# Repatriation fees



## Daddy (Feb 17, 2015)

Hi guys,
Is anyone got his repatriation fee? It's been 4months now since I applied ( 25th of February) - no email - no SMS 

Thanks for sharing if any info


----------



## Juano (Aug 20, 2014)

Same here, same time frame, nothing heard as of yet.


----------



## Daddy (Feb 17, 2015)

Got my money today . SMS from my bank with dha ref


----------



## Portak (Sep 10, 2014)

Daddy said:


> Got my money today . SMS from my bank with dha ref


lucky you. Which office and when did you appl?
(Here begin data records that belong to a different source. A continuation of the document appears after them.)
-- ===== src/Inverse/Slots.antt =====
-- lib/inverse.c: the inverse table, its making, and its change by one reference.
use libllfat.Prelude.{
  ℕ, zero, suc, ◌+◌, ◌-◌, Bool, true, false, ltb, if◌then◌else◌, Option, none, some, List, length,
  get_or, set,
}
use mathlib.Core.Option
use libllfat.Prelude.Int.{ℤ, pos, negsuc, pos_part, ltb_ℤ, i32, u32, ◌+ℤ◌, ◌*ℤ◌}
use libllfat.Units.Host.{Host}
use libllfat.Units.Io.{SimulatedError}
use libllfat.Boot.Root.{fat_err, fat_root}
use libllfat.Fs.State.{M, pure, exit, ◌>>=◌}
use libllfat.Fs.Geometry.{last_cluster}
use libllfat.Table.Next.{fat_first}
use libllfat.Reference.Target.{Reference, chain, is_void, get_target}

-- `fatinverse`, of one cluster: its reference, and whether its chain is that of a directory.
pub record Slot : Type 0 where
  pub reference : Reference
  pub isdir : Bool

abbrev pub void : Slot
void = record { reference = chain (pos 0); isdir = false }

abbrev pub slot : List Slot → ℕ → Slot
slot rev n = get_or rev n void

-- No caller passes a cluster behind the end of the array.
unfoldable pub clear : List Slot → ℤ → List Slot
clear rev (negsuc c) = rev
clear rev (pos c) = set rev c void

unfoldable pub inverse_is_void : List Slot → ℤ → Bool
inverse_is_void rev (negsuc c) = true
inverse_is_void rev (pos c) = is_void (slot rev c).reference

-- An argument `isdir` of -1 is `none`, and keeps what the slot holds.
abbrev pub fill : List Slot → ℕ → Reference → Option Bool → Slot
fill rev target r none = record { reference = r; isdir = (slot rev target).isdir }
fill rev target r (some isdir) = record { reference = r; isdir = isdir }

module _ {h : Host} (errors : List SimulatedError) where
  -- A store behind the end of the array is a fault.
  unfoldable pub inverse_set : List Slot → Reference → Option Bool → M h (List Slot × ℤ)
  inverse_set rev r isdir = do
    target ← get_target errors r
    let n = pos_part target
    if ltb_ℤ target fat_root
        then pure (rev, fat_err)
        else if ltb n (length rev)
        then pure (set rev n (fill rev n r isdir), target)
        else exit

  -- `allocate` is malloc(3), or, where the array is in a file, what mkstemp(3), lseek(2), write(2) and
  -- mmap(2) make of it: the slots in so many bytes, or none where the code returns NULL. The size is
  -- cut to `int`; `sizeof(fatinverse)` is 24, where a pointer has eight bytes. Of the slot 0, which also
  -- keeps how the array was made, the index and the name of the file are left out.
  unfoldable pub inverse_empty : (allocate : ℤ → Option (List Slot)) → M h (Option (List Slot))
  inverse_empty allocate = do
    last ← last_cluster
    let size = i32 (u32 (pos 24 *ℤ (last +ℤ pos 2)))
    pure (
        Option.map
          (λ (rev : List Slot). set rev 0 (record (slot rev 0) { reference = chain (pos 0) }))
          (allocate size))

  -- The loop of `fatinversechains`, from the cluster `cl` on.
  unfoldable pub chains_from : (fuel : ℕ) → ℕ → List Slot → M h (List Slot)
  chains_from zero cl rev = pure rev
  chains_from (suc fuel) cl rev = do
    step ← inverse_set rev (chain (pos cl)) (some false)
    chains_from fuel (cl + 1) step.0

  unfoldable pub inverse_chains : (allocate : ℤ → Option (List Slot)) → M h (Option (List Slot))
  inverse_chains allocate = do
    made ← inverse_empty allocate
    elim made [
      | none ↦ pure none
      | some rev ↦ (do
        last ← last_cluster
        filled ← chains_from (pos_part last - 1) fat_first rev
        pure (some filled))
    ]
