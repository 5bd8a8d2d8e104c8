-- ===== src/Inverse/Stores.antt =====
-- What a store of a reference at its target does.
use libllfat.Prelude.{
  ℕ, zero, suc, ◌+◌, ◌≤◌, ◌<◌, ◌≡◌, refl, arith, Bool, true, false, ltb, if◌then◌else◌, Option,
  some, List, length, set, length-set, get_or-set,
}
use libllfat.Prelude.Int.{ℤ, pos, negsuc, pos_part, eqb_ℤ, ltb_ℤ}
use libllfat.Units.Host.{Host}
use libllfat.Units.Io.{SimulatedError}
use libllfat.Boot.Root.{fat_err}
use libllfat.Fs.State.{Fat, ◌>>=◌}
use libllfat.Reference.Target.{Reference, get_target}
use libllfat.Inverse.Slots.{Slot, slot, void, fill, inverse_set}

-- The table after a store of a reference at its target `w`, which may be none.
abbrev pub stored : List Slot → Reference → Option Bool → ℤ → List Slot
stored rev r isdir w =
    if ltb_ℤ w (pos 1) then rev else set rev (pos_part w) (fill rev (pos_part w) r isdir)

pub length-stored :
    (rev : List Slot) (r : Reference) (isdir : Option Bool) (w : ℤ)
    → length (stored rev r isdir w) ≡ length rev
length-stored rev r isdir w =
    ground (arith, length-set rev (pos_part w) (fill rev (pos_part w) r isdir))

pub slot-stored :
    (rev : List Slot) (r : Reference) (isdir : Option Bool) (w : ℤ) (s : ℕ)
    → 1 ≤ s
    → s < length rev
    → slot (stored rev r isdir w) s ≡ (if eqb_ℤ w (pos s) then fill rev s r isdir else slot rev s)
slot-stored rev r isdir (negsuc n) s lo hi =
    let less : ltb_ℤ (negsuc n) (pos 1) ≡ true = ground arith in rw less refl
slot-stored rev r isdir (pos n) s lo hi =
    ground (arith, get_or-set rev n s (fill rev n r isdir) void)

module _ {h : Host} (errors : List SimulatedError) (f : Fat h) (rev : List Slot) (r : Reference)
    (isdir : Option Bool) where
  inverse_set-target :
      (t : ℕ)
      → get_target errors r f ≡ some (pos t, f)
      → 1 ≤ t
      → t < length rev
      → inverse_set errors rev r isdir f ≡ some ((set rev t (fill rev t r isdir), pos t), f)
  unfolding inverse_set
  inverse_set-target t got lo hi =
      let cluster : ltb (t + 0) 1 ≡ false = ground arith in
      let inside : ltb t (length rev) ≡ true = ground arith in rw (got, ◌>>=◌, cluster, inside) refl

  inverse_set-none :
      (w : ℤ)
      → get_target errors r f ≡ some (w, f)
      → ltb_ℤ w (pos 1) ≡ true
      → inverse_set errors rev r isdir f ≡ some ((rev, fat_err), f)
  unfolding inverse_set
  inverse_set-none w got none = rw (got, ◌>>=◌, none) refl

  pub inverse_set_lem :
      (w : ℤ)
      → get_target errors r f ≡ some (w, f)
      → ((t : ℕ) → w ≡ pos t → t < length rev)
      → (res : ℤ) × (inverse_set errors rev r isdir f ≡ some ((stored rev r isdir w, res), f))
  inverse_set_lem (negsuc n) got inside =
      let less : ltb_ℤ (negsuc n) (pos 1) ≡ true = ground arith in
      (fat_err, rw less (inverse_set-none (negsuc n) got less))
  inverse_set_lem (pos zero) got inside = (fat_err, inverse_set-none (pos zero) got refl)
  inverse_set_lem (pos (suc n)) got inside =
      let more : ltb (suc n + 0) 1 ≡ false = ground arith in
      (pos (suc n), rw more (inverse_set-target (suc n) got (omega arith) (inside (suc n) refl)))
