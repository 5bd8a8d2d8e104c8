-- ===== src/Inverse/Filled.antt =====
-- `fatinversechains` fills the table with the inverse of the successors.
use libllfat.Prelude.{
  ℕ, zero, suc, ◌+◌, ◌*◌, ◌-◌, ◌≤◌, ◌<◌, ◌≡◌, refl, ap, ◌∙◌, arith, Bool, true, false,
  if◌then◌else◌, Option, none, some, List, length, set, length-set, get_or-set,
}
use libllfat.Prelude.Int.{ℤ, pos, eqb_ℤ, i32, u32, i32-u32, pos-*ℤ, ◌+ℤ◌, ◌*ℤ◌}
use libllfat.Units.Host.{Host}
use libllfat.Units.Io.{SimulatedError}
use libllfat.Fs.State.{Fat, ◌>>=◌}
use libllfat.Table.View.{View}
use libllfat.Reference.Target.{chain}
use libllfat.Reference.Moved.{target_lem}
use libllfat.Inverse.Stores.{stored, length-stored, slot-stored, inverse_set_lem}
use libllfat.Inverse.Slots.{Slot, slot, void, inverse_empty, chains_from, inverse_chains}

-- The last cluster from `cl` on, of `n`, whose successor is `t`.
abbrev pub source : (ℕ → ℤ) → ℕ → (cl n : ℕ) → Option ℕ
source v t cl zero = none
source v t cl (suc n) = elim (source v t (cl + 1) n) [
  | some c ↦ some c
  | none ↦ if eqb_ℤ (v cl) (pos t) then some cl else none
]

-- The slot of a cluster with this source, or else a slot as it was.
abbrev pub sourced : Slot → Option ℕ → Slot
sourced s none = s
sourced s (some c) = record { reference = chain (pos c); isdir = false }

sourced_step :
    (s : Slot) (src : Option ℕ) (b : Bool) (cl : ℕ)
    → sourced (if b then sourced void (some cl) else s) src
      ≡ sourced s (elim src [ some c ↦ some c | none ↦ if b then some cl else none ])
sourced_step s none true cl = refl
sourced_step s none false cl = refl
sourced_step s (some c) b cl = refl

first_lem : (rev : List Slot) (s : Slot) (t : ℕ) → 1 ≤ t → slot (set rev 0 s) t ≡ slot rev t
first_lem rev s t lo = ground (arith, get_or-set rev 0 t s void)

module _ {h : Host} (errors : List SimulatedError) (last : ℕ) (v : ℕ → ℤ) (f : Fat h)
    (view : View errors last v f)
    (bound : (c t : ℕ) → 2 ≤ c → c ≤ last → v c ≡ pos t → t ≤ last) where
  -- The table after one round.
  after : List Slot → ℕ → List Slot
  after rev cl = stored rev (chain (pos cl)) (some false) (v cl)

  length-after : (rev : List Slot) (cl : ℕ) → length (after rev cl) ≡ length rev
  unfolding after
  length-after rev cl = length-stored rev (chain (pos cl)) (some false) (v cl)

  slot-after :
      (rev : List Slot) (cl t : ℕ)
      → 1 ≤ t
      → t < length rev
      → slot (after rev cl) t
        ≡ (if eqb_ℤ (v cl) (pos t) then sourced void (some cl) else slot rev t)
  unfolding after
  slot-after rev cl t lo hi = slot-stored rev (chain (pos cl)) (some false) (v cl) t lo hi

  round :
      (fuel cl : ℕ) (rev : List Slot)
      → 2 ≤ cl
      → cl ≤ last
      → last + 2 ≤ length rev
      → chains_from errors (suc fuel) cl rev f ≡ chains_from errors fuel (cl + 1) (after rev cl) f
  unfolding chains_from after
  round fuel cl rev lo hi wide =
      let (res, run) =
        inverse_set_lem errors f rev (chain (pos cl)) (some false) (v cl)
          (target_lem errors f cl lo ∙ view.reads f.last cl lo hi)
          (λ t e. omega (arith, bound cl t lo hi e)) in
      rw (run, ◌>>=◌) refl

  -- The slots after the loop.
  loop :
      (n cl : ℕ) (rev : List Slot)
      → 2 ≤ cl
      → cl + n ≤ last + 1
      → last + 2 ≤ length rev
      → (rev' : List Slot) × (chains_from errors n cl rev f ≡ some (rev', f))
        × ((t : ℕ) → 1 ≤ t → t ≤ last → slot rev' t ≡ sourced (slot rev t) (source v t cl n))
  unfolding chains_from
  loop zero cl rev lo hi wide = (rev, refl, λ t a b. refl)
  loop (suc n) cl rev lo hi wide =
      let (rev', run, slots) =
        loop n (cl + 1) (after rev cl) (omega arith) (omega arith)
          (omega (arith, length-after rev cl)) in
      (
        rev',
        round n cl rev lo (omega arith) wide ∙ run,
        λ t a b.
            slots t a b
            ∙ ap (λ (s : Slot). sourced s (source v t (cl + 1) n))
                (slot-after rev cl t a (omega arith))
            ∙ sourced_step (slot rev t) (source v t (cl + 1) n) (eqb_ℤ (v cl) (pos t)) cl,
      )

  size_lem :
      24 * (last + 2) < 0x8000_0000
      → i32 (u32 (pos 24 *ℤ (pos last +ℤ pos 2))) ≡ pos (24 * (last + 2))
  unfolding ◌+ℤ◌
  size_lem small =
      let sum : pos last +ℤ pos 2 ≡ pos (last + 2) = ground arith in
      ap (λ (z : ℤ). i32 (u32 (pos 24 *ℤ z))) sum
      ∙ ap (λ (z : ℤ). i32 (u32 z)) (pos-*ℤ 24 (last + 2))
      ∙ i32-u32 (pos (24 * (last + 2))) (small, omega arith)

  -- Where each successor can be read and reading it changes nothing, as where the sectors of the
  -- table are cached, and is at most the last cluster, where the size of the array is an int and
  -- the array is made: fatinversechains ends and changes nothing of the filesystem. In its table
  -- each cluster has as its reference the last of the clusters whose successor it is, and is no
  -- directory; the slots of clusters without one hold what was in the memory of the array.
  pub inverse_chains-source :
      (allocate : ℤ → Option (List Slot)) (fresh : List Slot)
      → 24 * (last + 2) < 0x8000_0000
      → allocate (pos (24 * (last + 2))) ≡ some fresh
      → length fresh ≡ last + 2
      → 1 ≤ last
      → (rev : List Slot) × (inverse_chains errors allocate f ≡ some (some rev, f))
        × ((t : ℕ)
            → 1 ≤ t
            → t ≤ last
            → slot rev t ≡ sourced (slot fresh t) (source v t 2 (last - 1)))
  unfolding inverse_chains inverse_empty
  inverse_chains-source allocate fresh small made wide some_last =
      let zeroth = record (slot fresh 0) { reference = chain (pos 0) } in
      let (rev, run, slots) =
        loop (last - 1) 2 (set fresh 0 zeroth) (omega arith) (omega arith)
          (omega (arith, length-set fresh 0 zeroth)) in
      (
        rev,
        rw (view.bound f.last, ◌>>=◌, size_lem small, made, view.bound f.last, ◌>>=◌, run) refl,
        λ t a b.
            slots t a b
            ∙ ap (λ (s : Slot). sourced s (source v t 2 (last - 1))) (first_lem fresh zeroth t a),
      )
I went to the Akasia office to apply but they were telling me stories that it's no longer refundable but the information on their site means you can apply.


----------



## Daddy (Feb 17, 2015)

I applied at akasia office - just on the last day! 25 feb


----------



## inspire77 (Jun 24, 2015)

I also applied last day in Feb 2015. Nothing as yet.


----------



## Fortune07 (Apr 14, 2016)

Home Affairs can really surprise one at times.

I finally got paid my repatriation guarantee. 1.5yrs after i applied for it. I really didn't follow up. I have been postponing it because i am currently busy with something else at the moment and booom today, there is the money.

I thank God!


----------